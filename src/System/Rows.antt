-- ===== src/System/Rows.antt =====
-- What the operations may do to the rows of `transactions`.
use distributed_payment_pipe.Base.{◌≡◌, ◌⊎◌, [], ◌∷◌, ◌++◌, arith}
use distributed_payment_pipe.Text.{Text}
use distributed_payment_pipe.Domain.{
  Time, State, Transaction, state_validated, state_captured, state_failed,
}
use distributed_payment_pipe.Db.{Db, set_state}
use distributed_payment_pipe.Store.{UpdateReplies, SaveReplies, save_with_outbox, update_state}
use distributed_payment_pipe.Ledger.{PostReplies, post}

update_state_rows :
    (r : UpdateReplies) (p : Text) (from to : State) (now : Time) (db : Db)
    → ((update_state r p from to now db).1.transactions ≡ db.transactions)
      ⊎ ((update_state r p from to now db).1.transactions ≡ set_state p from to now db.transactions)
unfolding update_state
update_state_rows r p from to now db = ground arith

-- `Post` leaves the rows, or moves the payment from VALIDATED to CAPTURED or to FAILED.
pub post_rows :
    (r : PostReplies) (trx : Transaction) (now : Time) (db : Db)
    → let rows = (post r trx now db).1.transactions in
      let p = trx.payment_id in
      (rows ≡ db.transactions)
      ⊎ (rows ≡ set_state p state_validated state_captured now db.transactions)
      ⊎ (rows ≡ set_state p state_validated state_failed now db.transactions)
unfolding post
post_rows r trx now db = ground (
  arith,
  update_state_rows r.update trx.payment_id state_validated state_captured now db,
  update_state_rows r.update trx.payment_id state_validated state_failed now db,
)

-- `SaveWithOutbox` leaves the rows, or adds the payment.
pub save_with_outbox_rows :
    (r : SaveReplies) (t : Transaction) (payload : Text) (db : Db)
    → let rows = (save_with_outbox r t payload db).1.transactions in
      (rows ≡ db.transactions) ⊎ (rows ≡ db.transactions ++ t ∷ [])
unfolding save_with_outbox
save_with_outbox_rows r t payload db = ground arith
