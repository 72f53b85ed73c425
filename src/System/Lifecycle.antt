-- ===== src/System/Lifecycle.antt =====
-- Whatever the processes do, a payment moves along the arrows of the state machine.
use distributed_payment_pipe.Base.{
  ◌&&◌, ◌≡◌, refl, subst, ap, ◌∙◌, ◌⊎◌, inl, inr, List, [], ◌∷◌, ◌++◌, map, some, arith, Bool-cases,
}
use distributed_payment_pipe.Text.{Text, text_eq, text_eq_iff}
use distributed_payment_pipe.Errors.{Result}
use distributed_payment_pipe.Domain.{
  Time, State, Transaction, state_validated, state_captured, state_failed, state_settled,
}
use distributed_payment_pipe.Domain.Lifecycle.{Arrow, Stage, Edge}
use distributed_payment_pipe.Db.{Db, set_state, select_payment, insert_outbox}
use distributed_payment_pipe.Store.{SaveReplies, save_with_outbox}
use distributed_payment_pipe.Ledger.{PostReplies, post}
use distributed_payment_pipe.Settlement.{settle_row, persisted}
use distributed_payment_pipe.Kafka.{Publish, DlqMessage}
use distributed_payment_pipe.Outbox.{EventCodec}
use distributed_payment_pipe.Intake.{Packages, Server}
use distributed_payment_pipe.Store.Update.{select_payment-set_state}
use distributed_payment_pipe.Settlement.Persist.{settled_row, select_payment-settle}
use distributed_payment_pipe.System.Rows.{post_rows, save_with_outbox_rows}
use distributed_payment_pipe.System.Stable.{IsStable}
use distributed_payment_pipe.System.Settled.{tick_keeps}
use distributed_payment_pipe.System.{Event, handle_all}
use distributed_payment_pipe.System.Kept.{handle_all_keeps}

-- The states that arrows of the diagram lead to.
pub data Reach (s : State) : State → Type 0 where
  here : Reach s s
  next : {t u : State} → Reach s t → Arrow t u → Reach s u

-- A payment has a row, in a state that it can have reached from a given one.
pub record HasReached (p : Text) (s : State) (rows : List Transaction) : Type 0 where
  pub row : Transaction
  pub found : select_payment p rows ≡ some row
  pub reached : Reach s row.state

select_payment-append :
    (p : Text) (x t : Transaction) (rows : List Transaction)
    → select_payment p rows ≡ some x
    → select_payment p (rows ++ t ∷ []) ≡ some x
unfolding select_payment
select_payment-append p x t [] h = cc
select_payment-append p x t (r ∷ rows) h = ground (arith, select_payment-append p x t rows)

set_state-HasReached :
    (p q : Text) (s from to : State) (now : Time) (rows : List Transaction)
    → Arrow from to
    → HasReached p s rows
    → HasReached p s (set_state q from to now rows)
set_state-HasReached p q s from to now rows arrow h =
    let seen = select_payment-set_state q from to now rows p in
    elim (Bool-cases (text_eq q p && text_eq h.row.state from)) [
      | inr other ↦ record {
        row = h.row;
        found = ground (arith, seen, h.found, other);
        reached = h.reached;
      }
      | inl target ↦ record {
        row = record h.row { state = to; updated_at = now };
        found = ground (arith, seen, h.found, target);
        reached =
            let starts : from ≡ h.row.state =
              ground (arith, target, text_eq_iff h.row.state from) in
            next h.reached (subst (λ u. Arrow u to) starts arrow);
      }
    ]

captures : Arrow state_validated state_captured
captures = (Stage.validated, Stage.captured, refl, refl, Edge.capture)

fails : Arrow state_validated state_failed
fails = (Stage.validated, Stage.failed, refl, refl, Edge.fail_validated)

-- The update leaves the row, or moves it from CAPTURED to SETTLED.
pub settle_row_state :
    (ids : List Text) (now : Time) (x : Transaction)
    → (settle_row ids now x ≡ x)
      ⊎ ((x.state ≡ state_captured) × ((settle_row ids now x).state ≡ state_settled))
unfolding settle_row
settle_row_state ids now x = ground (arith, text_eq_iff x.state state_captured)

settle-HasReached :
    (p : Text) (s : State) (ids : List Text) (now : Time) (rows : List Transaction)
    → HasReached p s rows
    → HasReached p s (map (settle_row ids now) rows)
settle-HasReached p s ids now rows h =
    let seen = select_payment-settle ids now p rows ∙ ap (settled_row ids now) h.found in
    elim (settle_row_state ids now h.row) [
      | inl same ↦ record { row = h.row; found = seen ∙ ap some same; reached = h.reached }
      | inr (captured, settled) ↦ record {
        row = settle_row ids now h.row;
        found = seen;
        reached = next h.reached (Stage.captured, Stage.settled, captured, settled, Edge.settle);
      }
    ]

post-HasReached :
    (p : Text) (s : State) (r : PostReplies) (trx : Transaction) (now : Time) (db : Db)
    → HasReached p s db.transactions
    → HasReached p s (post r trx now db).1.transactions
post-HasReached p s r trx now db h = elim (post_rows r trx now db) [
  | inl same ↦ rw same h
  | inr (inl captured) ↦ rw captured (
      set_state-HasReached p trx.payment_id s state_validated state_captured now db.transactions
        captures h)
  | inr (inr failed) ↦ rw failed (
      set_state-HasReached p trx.payment_id s state_validated state_failed now db.transactions fails
        h)
]

save_with_outbox-HasReached :
    (p : Text) (s : State) (r : SaveReplies) (t : Transaction) (payload : Text) (db : Db)
    → HasReached p s db.transactions
    → HasReached p s (save_with_outbox r t payload db).1.transactions
save_with_outbox-HasReached p s r t payload db h = elim (save_with_outbox_rows r t payload db) [
  | inl same ↦ rw same h
  | inr added ↦ rw added (record {
    row = h.row;
    found = select_payment-append p h.row t db.transactions h.found;
    reached = h.reached;
  })
]

HasReached-IsStable :
    (p : Text) (s : State) → IsStable (λ (db : Db). HasReached p s db.transactions)
unfolding persisted insert_outbox
HasReached-IsStable p s = record {
  saved = λ r t payload db fresh h. save_with_outbox-HasReached p s r t payload db h;
  posted = λ r trx now db h. post-HasReached p s r trx now db h;
  ticked =
      tick_keeps (λ (db : Db). HasReached p s db.transactions)
        (λ b g settled payout now db new h.
          settle-HasReached p s g.payment_ids now db.transactions h);
  relayed = λ rows db same h. h;
}

module _ {R B : Type 0} (lib : Packages) (server : Server R) (publish : Publish B)
    (marshal : DlqMessage → Result Text) (codec : EventCodec) where
  -- Through any sequence of operations of the processes, each run to its end before the next, with
  -- any answers of Redis, Postgres and the broker, the state of a stored payment moves only along the
  -- arrows of the state machine: the payment still has a row afterwards, in a state to which arrows
  -- lead from the state it was in.
  pub handle_all-Reach :
      (es : List (Event R B)) (db : Db) (p : Text) (t : Transaction)
      → select_payment p db.transactions ≡ some t
      → (u : Transaction) × (select_payment p
            (handle_all lib server publish marshal codec es db).transactions
          ≡ some u)
        × Reach t.state u.state
  handle_all-Reach es db p t found =
      let later =
        handle_all_keeps lib server publish marshal codec
          (λ (d : Db). HasReached p t.state d.transactions) (HasReached-IsStable p t.state) es db
          (record { row = t; found = found; reached = here }) in
      (later.row, later.found, later.reached)
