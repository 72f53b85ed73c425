-- ===== src/System/Audited.antt =====
-- What the audit log tells of the state of a payment.
pub mod Posted
pub mod Always
use distributed_payment_pipe.Base.{
  ℕ, ◌≡◌, ◌≢◌, refl, sym, ◌∙◌, ap, true, false, ◌⊎◌, inl, inr, List, [], ◌∷◌, ◌++◌, map, Option,
  none, some, arith, if◌then◌else◌, Bool-cases, subst,
}
use distributed_payment_pipe.Text.{Text, text_eq, text_eq_iff, text_eq_refl, Text-cases}
use distributed_payment_pipe.Errors.{Result}
use distributed_payment_pipe.Domain.{
  Time, State, Transaction, state_validated, state_captured, state_failed, state_settled,
}
use distributed_payment_pipe.Db.{
  Db, StateTransition, clashes, rows_affected, set_state, select_payment, insert_outbox,
}
use distributed_payment_pipe.Store.{
  SaveReplies, UpdateReplies, moved, save_with_outbox, update_state,
}
use distributed_payment_pipe.Store.Keys.{IsKeyed, save_with_outbox-IsKeyed}
use distributed_payment_pipe.Store.Update.{
  select_payment-set_state, rows_affected-select, row_of_hit,
}
use distributed_payment_pipe.Ledger.{PostReplies, post}
use distributed_payment_pipe.Settlement.{CapturedGroup, settle_row, persisted}
use distributed_payment_pipe.Settlement.Persist.{settled_row, select_payment-settle}
use distributed_payment_pipe.Kafka.{Publish, DlqMessage}
use distributed_payment_pipe.Outbox.{EventCodec}
use distributed_payment_pipe.Intake.{Packages, Server}
use distributed_payment_pipe.System.Rows.{save_with_outbox_rows}
use distributed_payment_pipe.System.Stable.{IsStable}
use distributed_payment_pipe.System.Settled.{tick_keeps}
use distributed_payment_pipe.System.Consistent.{post_frame, settle-IsKeyed}
use distributed_payment_pipe.System.Lifecycle.{settle_row_state}
use distributed_payment_pipe.System.{Event, handle_all}
use distributed_payment_pipe.System.Kept.{handle_all_keeps}

-- The entries of a payment, read as moves from a state on: each has to start where the last ended.
unfoldable pub replay : Text → State → List StateTransition → Option State
replay p s [] = some s
replay p s (e ∷ es) =
    let left = replay p e.to_state es in
    let same = replay p s es in
    if text_eq e.payment_id p then (if text_eq e.from_state s then left else none) else same

-- The state that the log tells is that of the row, or the row was CAPTURED and has been settled. A
-- payment without a row has no entries.
abbrev pub Agrees : State → Option Transaction → Type 0
Agrees s none = s ≡ state_validated
Agrees s (some t) = (s ≡ t.state) ⊎ ((s ≡ state_captured) × (t.state ≡ state_settled))

abbrev pub IsLogged : List StateTransition → List Transaction → Text → Type 0
IsLogged log rows p =
    (s : State) × (replay p state_validated log ≡ some s) × Agrees s (select_payment p rows)

pub record IsAudited (db : Db) : Type 0 where
  pub keyed : IsKeyed db.transactions
  pub logged : (p : Text) → IsLogged db.state_transitions db.transactions p

-- One more entry.
abbrev next_state : Text → StateTransition → Option State → Option State
next_state p e none = none
next_state p e (some u) =
    if text_eq e.payment_id p
    then (if text_eq e.from_state u then some e.to_state else none)
    else some u

pub replay-append :
    (p : Text) (s : State) (e : StateTransition) (log : List StateTransition)
    → replay p s (log ++ e ∷ []) ≡ next_state p e (replay p s log)
unfolding replay
replay-append p s e [] = ground arith
replay-append p s e (x ∷ log) =
    ground (arith, replay-append p s e log, replay-append p x.to_state e log)

settled_row-Agrees :
    (ids : List Text) (now : Time) (s : State) (o : Option Transaction)
    → Agrees s o
    → Agrees s (settled_row ids now o)
settled_row-Agrees ids now s none h = h
settled_row-Agrees ids now s (some t) h = elim (settle_row_state ids now t) [
  | inl same ↦ rw same h
  | inr (captured, settled) ↦ elim h [
    | inl e ↦ inr (e ∙ captured, settled)
    | inr (e, _) ↦ inr (e, settled)
  ]
]

pub settle-IsLogged :
    (ids : List Text) (now : Time) (log : List StateTransition) (rows : List Transaction) (p : Text)
    → IsLogged log rows p
    → IsLogged log (map (settle_row ids now) rows) p
settle-IsLogged ids now log rows p (s, told, agrees) = (
  s,
  told,
  rw (select_payment-settle ids now p rows)
      (settled_row-Agrees ids now s (select_payment p rows) agrees),
)
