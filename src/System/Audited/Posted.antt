-- ===== src/System/Audited/Posted.antt =====
-- `Post` writes an entry for each move.
use distributed_payment_pipe.Base.{◌≡◌, ◌≢◌, refl, sym, ◌∙◌, ap, ◌⊎◌, inl, inr, some, arith, subst}
use distributed_payment_pipe.Text.{Text, text_eq, text_eq_iff, text_eq_refl, Text-cases}
use distributed_payment_pipe.Domain.{
  Time, State, Transaction, state_validated, state_captured, state_failed, state_settled,
}
use distributed_payment_pipe.Db.{Db, StateTransition, rows_affected, select_payment}
use distributed_payment_pipe.Store.{UpdateReplies, moved, update_state}
use distributed_payment_pipe.Store.Keys.{IsKeyed}
use distributed_payment_pipe.Store.Update.{
  select_payment-set_state, rows_affected-select, row_of_hit,
}
use distributed_payment_pipe.Ledger.{PostReplies, post}
use distributed_payment_pipe.System.Consistent.{post_frame}
use distributed_payment_pipe.System.Audited.{Agrees, IsLogged, IsAudited, replay-append}

-- A row in the state VALIDATED agrees with no other state.
validated-Agrees :
    (s : State) (t : Transaction)
    → t.state ≡ state_validated
    → Agrees s (some t)
    → s ≡ state_validated
unfolding text_eq
validated-Agrees s t h (inl e) = e ∙ h
validated-Agrees s t h (inr (e, settled)) =
    absurd (cc ((text_eq_iff state_validated state_settled).1 (sym h ∙ settled)))

-- The move of a payment from VALIDATED, with its entry.
moved-IsLogged :
    (q : Text) (to : State) (now : Time) (db : Db)
    → IsKeyed db.transactions
    → rows_affected q state_validated db.transactions ≢ 0
    → ((p : Text) → IsLogged db.state_transitions db.transactions p)
    → let db' = moved q state_validated to now db in
      (p : Text) → IsLogged db'.state_transitions db'.transactions p
unfolding moved
moved-IsLogged q to now db k affected h p =
    let e : StateTransition = record {
      payment_id = q;
      from_state = state_validated;
      to_state = to;
      created_at = now;
    } in
    let (s, told, agrees) = h p in
    let (t, found, was) =
      row_of_hit state_validated (select_payment q db.transactions)
        (rw (rows_affected-select q state_validated db.transactions k) at affected) in
    let after = select_payment-set_state q state_validated to now db.transactions p in
    elim (Text-cases q p) [
      | inr other ↦ (
        s,
        ground (arith, other, told, replay-append p state_validated e db.state_transitions),
        rw (after, other) agrees,
      )
      | inl (same, equal) ↦
          let seen = ap (λ u. select_payment u db.transactions) (sym same) ∙ found in
          let starts = validated-Agrees s t was (subst (Agrees s) seen agrees) in
          let hit = (text_eq_iff t.state state_validated).1 was in
          (
            to,
            ground (
              arith,
              equal,
              told,
              starts,
              text_eq_refl state_validated,
              replay-append p state_validated e db.state_transitions,
            ),
            rw (after, equal, seen, hit) (inl refl),
          )
    ]

-- What `Post` does to the payments and the log: nothing, or one move from VALIDATED with its entry.
Moves : Db → Db → Text → State → Time → Type 0
Moves db db' q to now =
    (rows_affected q state_validated db.transactions ≢ 0)
    × (db'.transactions ≡ (moved q state_validated to now db).transactions)
    × (db'.state_transitions ≡ (moved q state_validated to now db).state_transitions)

update_state_log :
    (r : UpdateReplies) (q : Text) (to : State) (now : Time) (db : Db)
    → let db' = (update_state r q state_validated to now db).1 in
      ((db'.transactions ≡ db.transactions) × (db'.state_transitions ≡ db.state_transitions))
      ⊎ Moves db db' q to now
unfolding update_state Moves
update_state_log r q to now db = ground arith

post_log :
    (r : PostReplies) (trx : Transaction) (now : Time) (db : Db)
    → let db' = (post r trx now db).1 in
      ((db'.transactions ≡ db.transactions) × (db'.state_transitions ≡ db.state_transitions))
      ⊎ Moves db db' trx.payment_id state_captured now
      ⊎ Moves db db' trx.payment_id state_failed now
unfolding post Moves
post_log r trx now db = ground (
  arith,
  update_state_log r.update trx.payment_id state_captured now db,
  update_state_log r.update trx.payment_id state_failed now db,
)

moves-IsLogged :
    (db db' : Db) (q : Text) (to : State) (now : Time)
    → IsAudited db
    → Moves db db' q to now
    → (p : Text) → IsLogged db'.state_transitions db'.transactions p
unfolding Moves
moves-IsLogged db db' q to now h (affected, rows, log) p =
    rw (rows, log) (moved-IsLogged q to now db h.keyed affected h.logged p)

pub post-IsAudited :
    (r : PostReplies) (trx : Transaction) (now : Time) (db : Db)
    → IsAudited db
    → IsAudited (post r trx now db).1
post-IsAudited r trx now db h = record {
  keyed = (post_frame r trx now db h.keyed).0;
  logged = elim (post_log r trx now db) [
    | inl (rows, log) ↦ λ p. rw (rows, log) (h.logged p)
    | inr (inl move) ↦ moves-IsLogged db _ trx.payment_id state_captured now h move
    | inr (inr move) ↦ moves-IsLogged db _ trx.payment_id state_failed now h move
  ];
}
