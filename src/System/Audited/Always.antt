-- ===== src/System/Audited/Always.antt =====
-- The audit log tells the state of each payment, but for settlements, whatever the processes do.
use distributed_payment_pipe.Base.{◌≡◌, sym, ◌∙◌, inl, inr, List, [], ◌∷◌, ◌++◌, arith, Bool-cases}
use distributed_payment_pipe.Text.{Text, text_eq}
use distributed_payment_pipe.Errors.{Result}
use distributed_payment_pipe.Domain.{State, Transaction, state_validated}
use distributed_payment_pipe.Db.{Db, select_payment, insert_outbox}
use distributed_payment_pipe.Store.{SaveReplies, save_with_outbox}
use distributed_payment_pipe.Store.Keys.{save_with_outbox-IsKeyed}
use distributed_payment_pipe.Settlement.{persisted}
use distributed_payment_pipe.Kafka.{Publish, DlqMessage}
use distributed_payment_pipe.Outbox.{EventCodec}
use distributed_payment_pipe.Intake.{Packages, Server}
use distributed_payment_pipe.System.Rows.{save_with_outbox_rows}
use distributed_payment_pipe.System.Stable.{IsStable}
use distributed_payment_pipe.System.Settled.{tick_keeps}
use distributed_payment_pipe.System.Consistent.{settle-IsKeyed}
use distributed_payment_pipe.System.{Event, handle_all}
use distributed_payment_pipe.System.Kept.{handle_all_keeps}
use distributed_payment_pipe.System.Audited.{Agrees, IsAudited, settle-IsLogged}
use distributed_payment_pipe.System.Audited.Posted.{post-IsAudited}

-- A new payment has no entries.
select_payment_added :
    (p : Text) (t : Transaction) (rows : List Transaction) (s : State)
    → t.state ≡ state_validated
    → Agrees s (select_payment p rows)
    → Agrees s (select_payment p (rows ++ t ∷ []))
unfolding select_payment
select_payment_added p t [] s fresh h = elim (Bool-cases (text_eq t.payment_id p)) [
  | inl mine ↦ rw mine (inl (h ∙ sym fresh))
  | inr other ↦ rw other h
]
select_payment_added p t (r ∷ rows) s fresh h = elim (Bool-cases (text_eq r.payment_id p)) [
  | inl here ↦ rw here (rw here at h)
  | inr away ↦ rw away (select_payment_added p t rows s fresh (rw away at h))
]

save_with_outbox_log :
    (r : SaveReplies) (t : Transaction) (payload : Text) (db : Db)
    → (save_with_outbox r t payload db).1.state_transitions ≡ db.state_transitions
unfolding save_with_outbox
save_with_outbox_log r t payload db = ground arith

save_with_outbox-IsAudited :
    (r : SaveReplies) (t : Transaction) (payload : Text) (db : Db)
    → t.state ≡ state_validated
    → IsAudited db
    → IsAudited (save_with_outbox r t payload db).1
save_with_outbox-IsAudited r t payload db fresh h = record {
  keyed = save_with_outbox-IsKeyed r t payload db h.keyed;
  logged = λ p.
      let (s, told, agrees) = h.logged p in
      (
        s,
        rw (save_with_outbox_log r t payload db) told,
        elim (save_with_outbox_rows r t payload db) [
          | inl same ↦ rw same agrees
          | inr added ↦ rw added (select_payment_added p t db.transactions s fresh agrees)
        ],
      );
}

IsAudited-IsStable : IsStable IsAudited
unfolding persisted insert_outbox
IsAudited-IsStable = record {
  saved = save_with_outbox-IsAudited;
  posted = post-IsAudited;
  ticked = tick_keeps IsAudited (λ b g settled payout now db new h. record {
    keyed = settle-IsKeyed g.payment_ids now db.transactions h.keyed;
    logged =
        λ p. settle-IsLogged g.payment_ids now db.state_transitions db.transactions p (h.logged p);
  });
  relayed = λ rows db same h. record { keyed = h.keyed; logged = h.logged };
}

module _ {R B : Type 0} (lib : Packages) (server : Server R) (publish : Publish B)
    (marshal : DlqMessage → Result Text) (codec : EventCodec) where
  -- Through any sequence of operations of the processes, each run to its end before the next, with
  -- any answers of Redis, Postgres and the broker: the entries of a payment in the audit log follow
  -- one another from VALIDATED to a state, and that is the state of its row, or CAPTURED while the row
  -- is SETTLED; for a payment without a row they tell VALIDATED, as no entries do. That is if it held at the
  -- start.
  pub handle_all-IsAudited :
      (es : List (Event R B)) (db : Db)
      → IsAudited db
      → IsAudited (handle_all lib server publish marshal codec es db)
  handle_all-IsAudited =
      handle_all_keeps lib server publish marshal codec IsAudited IsAudited-IsStable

--- Aim of the task ---
Return the opening line of the data and every line after it through the line containing "(r : UpdateReplies) (p", please, exactly as written and with nothing added.

--- Task result ---
filename src/System/Rows.antt
-- ===== src/System/Rows.antt =====
-- What the operations may do to the rows of `transactions`.
use distributed_payment_pipe.Base.{◌≡◌, ◌⊎◌, [], ◌∷◌, ◌++◌, arith}
use distributed_payment_pipe.Text.{Text}
use distributed_payment_pipe.Domain.{
  Time, State, Transaction, state_validated, state_captured, state_failed,
}
use distributed_payment_pipe.Db.{Db, set_state}
use distributed_payment_pipe.Store.{UpdateReplies, SaveReplies, save_with_outbox, update_state}
use distributed_payment_pipe.Ledger.{PostReplies, post}

update_state_rows :
    (r : UpdateReplies) (p : Text) (from to : State) (now : Time) (db : Db)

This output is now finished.